▶ [Data records]:
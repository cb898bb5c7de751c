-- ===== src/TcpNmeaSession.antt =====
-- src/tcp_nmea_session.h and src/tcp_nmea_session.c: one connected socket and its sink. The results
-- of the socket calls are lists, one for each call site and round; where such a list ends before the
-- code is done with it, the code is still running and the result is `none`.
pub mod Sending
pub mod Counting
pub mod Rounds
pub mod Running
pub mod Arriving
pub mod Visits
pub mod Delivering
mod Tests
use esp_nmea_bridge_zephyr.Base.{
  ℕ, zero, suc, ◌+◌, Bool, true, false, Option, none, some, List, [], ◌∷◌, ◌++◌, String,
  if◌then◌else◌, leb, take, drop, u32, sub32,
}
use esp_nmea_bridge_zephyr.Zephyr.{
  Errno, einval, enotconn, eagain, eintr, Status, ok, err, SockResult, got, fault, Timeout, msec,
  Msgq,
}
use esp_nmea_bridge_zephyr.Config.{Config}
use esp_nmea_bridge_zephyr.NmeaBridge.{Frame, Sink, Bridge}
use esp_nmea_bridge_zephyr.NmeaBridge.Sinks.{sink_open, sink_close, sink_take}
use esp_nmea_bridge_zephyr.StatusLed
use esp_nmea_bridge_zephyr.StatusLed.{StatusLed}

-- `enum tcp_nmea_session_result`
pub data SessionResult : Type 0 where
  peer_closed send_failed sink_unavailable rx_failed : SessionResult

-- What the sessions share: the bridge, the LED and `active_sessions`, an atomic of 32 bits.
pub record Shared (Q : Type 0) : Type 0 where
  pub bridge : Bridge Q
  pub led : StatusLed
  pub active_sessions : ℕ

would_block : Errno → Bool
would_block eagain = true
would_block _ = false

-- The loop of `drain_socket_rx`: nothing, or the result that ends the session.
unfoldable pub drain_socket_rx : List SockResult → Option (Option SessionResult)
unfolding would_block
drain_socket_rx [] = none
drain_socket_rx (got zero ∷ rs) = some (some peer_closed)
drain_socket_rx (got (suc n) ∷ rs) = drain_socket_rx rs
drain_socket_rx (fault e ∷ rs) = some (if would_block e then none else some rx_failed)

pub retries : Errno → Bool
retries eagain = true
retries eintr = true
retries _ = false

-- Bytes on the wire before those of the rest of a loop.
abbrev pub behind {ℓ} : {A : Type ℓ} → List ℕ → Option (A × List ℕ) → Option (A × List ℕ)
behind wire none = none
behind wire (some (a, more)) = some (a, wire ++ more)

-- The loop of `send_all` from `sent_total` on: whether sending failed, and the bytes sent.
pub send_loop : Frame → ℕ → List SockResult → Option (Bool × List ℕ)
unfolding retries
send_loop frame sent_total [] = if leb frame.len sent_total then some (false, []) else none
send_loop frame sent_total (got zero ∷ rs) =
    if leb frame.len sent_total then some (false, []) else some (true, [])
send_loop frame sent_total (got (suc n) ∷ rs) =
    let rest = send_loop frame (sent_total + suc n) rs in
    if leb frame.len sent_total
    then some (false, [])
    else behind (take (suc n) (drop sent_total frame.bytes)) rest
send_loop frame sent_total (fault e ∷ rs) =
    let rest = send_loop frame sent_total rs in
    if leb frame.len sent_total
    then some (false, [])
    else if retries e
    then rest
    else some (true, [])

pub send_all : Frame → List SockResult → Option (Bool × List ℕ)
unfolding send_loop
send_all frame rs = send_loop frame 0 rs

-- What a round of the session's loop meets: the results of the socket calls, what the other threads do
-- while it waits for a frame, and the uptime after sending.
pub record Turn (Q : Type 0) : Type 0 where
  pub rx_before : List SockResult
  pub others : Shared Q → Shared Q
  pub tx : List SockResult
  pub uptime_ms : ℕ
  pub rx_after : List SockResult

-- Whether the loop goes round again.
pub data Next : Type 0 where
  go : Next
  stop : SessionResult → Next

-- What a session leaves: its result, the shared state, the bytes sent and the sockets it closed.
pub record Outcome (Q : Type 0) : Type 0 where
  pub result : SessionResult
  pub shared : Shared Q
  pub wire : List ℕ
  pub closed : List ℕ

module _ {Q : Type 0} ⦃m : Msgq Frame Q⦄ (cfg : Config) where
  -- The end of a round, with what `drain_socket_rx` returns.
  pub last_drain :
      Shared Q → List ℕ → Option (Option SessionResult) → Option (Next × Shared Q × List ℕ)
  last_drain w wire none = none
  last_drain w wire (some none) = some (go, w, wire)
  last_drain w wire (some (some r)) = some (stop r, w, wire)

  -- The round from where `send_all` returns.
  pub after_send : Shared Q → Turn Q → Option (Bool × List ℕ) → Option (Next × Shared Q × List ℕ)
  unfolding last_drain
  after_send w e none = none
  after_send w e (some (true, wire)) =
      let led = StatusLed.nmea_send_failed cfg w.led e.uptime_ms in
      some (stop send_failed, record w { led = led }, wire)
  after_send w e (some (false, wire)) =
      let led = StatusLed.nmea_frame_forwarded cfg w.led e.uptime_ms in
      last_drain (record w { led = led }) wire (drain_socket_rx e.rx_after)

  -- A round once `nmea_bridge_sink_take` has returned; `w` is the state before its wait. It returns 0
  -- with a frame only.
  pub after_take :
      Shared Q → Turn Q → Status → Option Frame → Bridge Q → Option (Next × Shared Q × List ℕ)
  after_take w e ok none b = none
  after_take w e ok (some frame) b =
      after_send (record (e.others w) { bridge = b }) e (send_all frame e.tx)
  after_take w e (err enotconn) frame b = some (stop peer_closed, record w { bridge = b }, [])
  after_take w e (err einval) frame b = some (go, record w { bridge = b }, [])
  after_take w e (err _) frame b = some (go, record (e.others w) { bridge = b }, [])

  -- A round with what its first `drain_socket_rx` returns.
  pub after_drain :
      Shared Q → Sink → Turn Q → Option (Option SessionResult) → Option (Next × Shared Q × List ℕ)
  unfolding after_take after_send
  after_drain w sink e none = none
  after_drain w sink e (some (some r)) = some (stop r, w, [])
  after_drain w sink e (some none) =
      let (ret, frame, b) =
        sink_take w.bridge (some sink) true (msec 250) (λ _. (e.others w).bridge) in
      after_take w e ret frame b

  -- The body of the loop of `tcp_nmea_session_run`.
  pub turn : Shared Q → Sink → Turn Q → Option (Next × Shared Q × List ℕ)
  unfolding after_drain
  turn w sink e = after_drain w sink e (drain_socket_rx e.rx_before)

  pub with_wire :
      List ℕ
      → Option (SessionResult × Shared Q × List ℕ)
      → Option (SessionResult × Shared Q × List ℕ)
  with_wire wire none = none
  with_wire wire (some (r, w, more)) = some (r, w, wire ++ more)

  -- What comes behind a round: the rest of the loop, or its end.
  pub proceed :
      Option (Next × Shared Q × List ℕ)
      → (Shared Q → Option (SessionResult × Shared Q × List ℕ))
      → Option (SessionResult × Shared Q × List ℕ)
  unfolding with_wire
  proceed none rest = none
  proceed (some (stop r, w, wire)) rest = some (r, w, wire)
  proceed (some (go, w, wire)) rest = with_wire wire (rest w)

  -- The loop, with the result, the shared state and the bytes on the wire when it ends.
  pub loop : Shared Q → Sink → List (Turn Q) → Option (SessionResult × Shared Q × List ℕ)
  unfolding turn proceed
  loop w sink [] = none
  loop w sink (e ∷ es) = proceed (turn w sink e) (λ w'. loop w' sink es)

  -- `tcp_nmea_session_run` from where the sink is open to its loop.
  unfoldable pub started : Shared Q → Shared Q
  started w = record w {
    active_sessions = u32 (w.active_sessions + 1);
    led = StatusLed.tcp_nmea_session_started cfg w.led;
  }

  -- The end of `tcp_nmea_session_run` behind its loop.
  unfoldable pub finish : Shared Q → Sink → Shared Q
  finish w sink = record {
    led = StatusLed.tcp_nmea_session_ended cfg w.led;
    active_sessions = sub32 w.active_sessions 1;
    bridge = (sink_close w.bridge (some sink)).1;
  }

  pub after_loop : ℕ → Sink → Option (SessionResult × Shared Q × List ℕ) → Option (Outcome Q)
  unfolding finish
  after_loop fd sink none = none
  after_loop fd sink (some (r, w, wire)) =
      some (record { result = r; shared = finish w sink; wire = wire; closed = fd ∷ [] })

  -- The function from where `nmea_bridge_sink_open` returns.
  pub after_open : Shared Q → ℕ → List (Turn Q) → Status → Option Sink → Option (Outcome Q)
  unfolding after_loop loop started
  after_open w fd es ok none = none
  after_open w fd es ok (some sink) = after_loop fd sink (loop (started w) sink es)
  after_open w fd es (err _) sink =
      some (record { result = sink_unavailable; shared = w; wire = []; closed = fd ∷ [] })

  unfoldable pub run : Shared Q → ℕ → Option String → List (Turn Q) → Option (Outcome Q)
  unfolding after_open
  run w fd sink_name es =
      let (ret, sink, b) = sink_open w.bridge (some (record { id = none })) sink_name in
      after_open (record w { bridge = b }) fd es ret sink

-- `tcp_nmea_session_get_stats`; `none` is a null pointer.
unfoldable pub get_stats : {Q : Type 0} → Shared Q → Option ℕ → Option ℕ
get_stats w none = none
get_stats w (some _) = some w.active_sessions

▶ [Task item]:
Through the line that holds "pub bridge : Bridge Q", repeat the material above exactly, starting at its first line.

▶ [Solution to the problem]:
repository cb898bb5c7de751c
-- ===== src/TcpNmeaSession.antt =====
-- src/tcp_nmea_session.h and src/tcp_nmea_session.c: one connected socket and its sink. The results
-- of the socket calls are lists, one for each call site and round; where such a list ends before the
-- code is done with it, the code is still running and the result is `none`.
pub mod Sending
pub mod Counting
pub mod Rounds
pub mod Running
pub mod Arriving
pub mod Visits
pub mod Delivering
mod Tests
use esp_nmea_bridge_zephyr.Base.{
  ℕ, zero, suc, ◌+◌, Bool, true, false, Option, none, some, List, [], ◌∷◌, ◌++◌, String,
  if◌then◌else◌, leb, take, drop, u32, sub32,
}
use esp_nmea_bridge_zephyr.Zephyr.{
  Errno, einval, enotconn, eagain, eintr, Status, ok, err, SockResult, got, fault, Timeout, msec,
  Msgq,
}
use esp_nmea_bridge_zephyr.Config.{Config}
use esp_nmea_bridge_zephyr.NmeaBridge.{Frame, Sink, Bridge}
use esp_nmea_bridge_zephyr.NmeaBridge.Sinks.{sink_open, sink_close, sink_take}
use esp_nmea_bridge_zephyr.StatusLed
use esp_nmea_bridge_zephyr.StatusLed.{StatusLed}

-- `enum tcp_nmea_session_result`
pub data SessionResult : Type 0 where
  peer_closed send_failed sink_unavailable rx_failed : SessionResult

-- What the sessions share: the bridge, the LED and `active_sessions`, an atomic of 32 bits.
pub record Shared (Q : Type 0) : Type 0 where
  pub bridge : Bridge Q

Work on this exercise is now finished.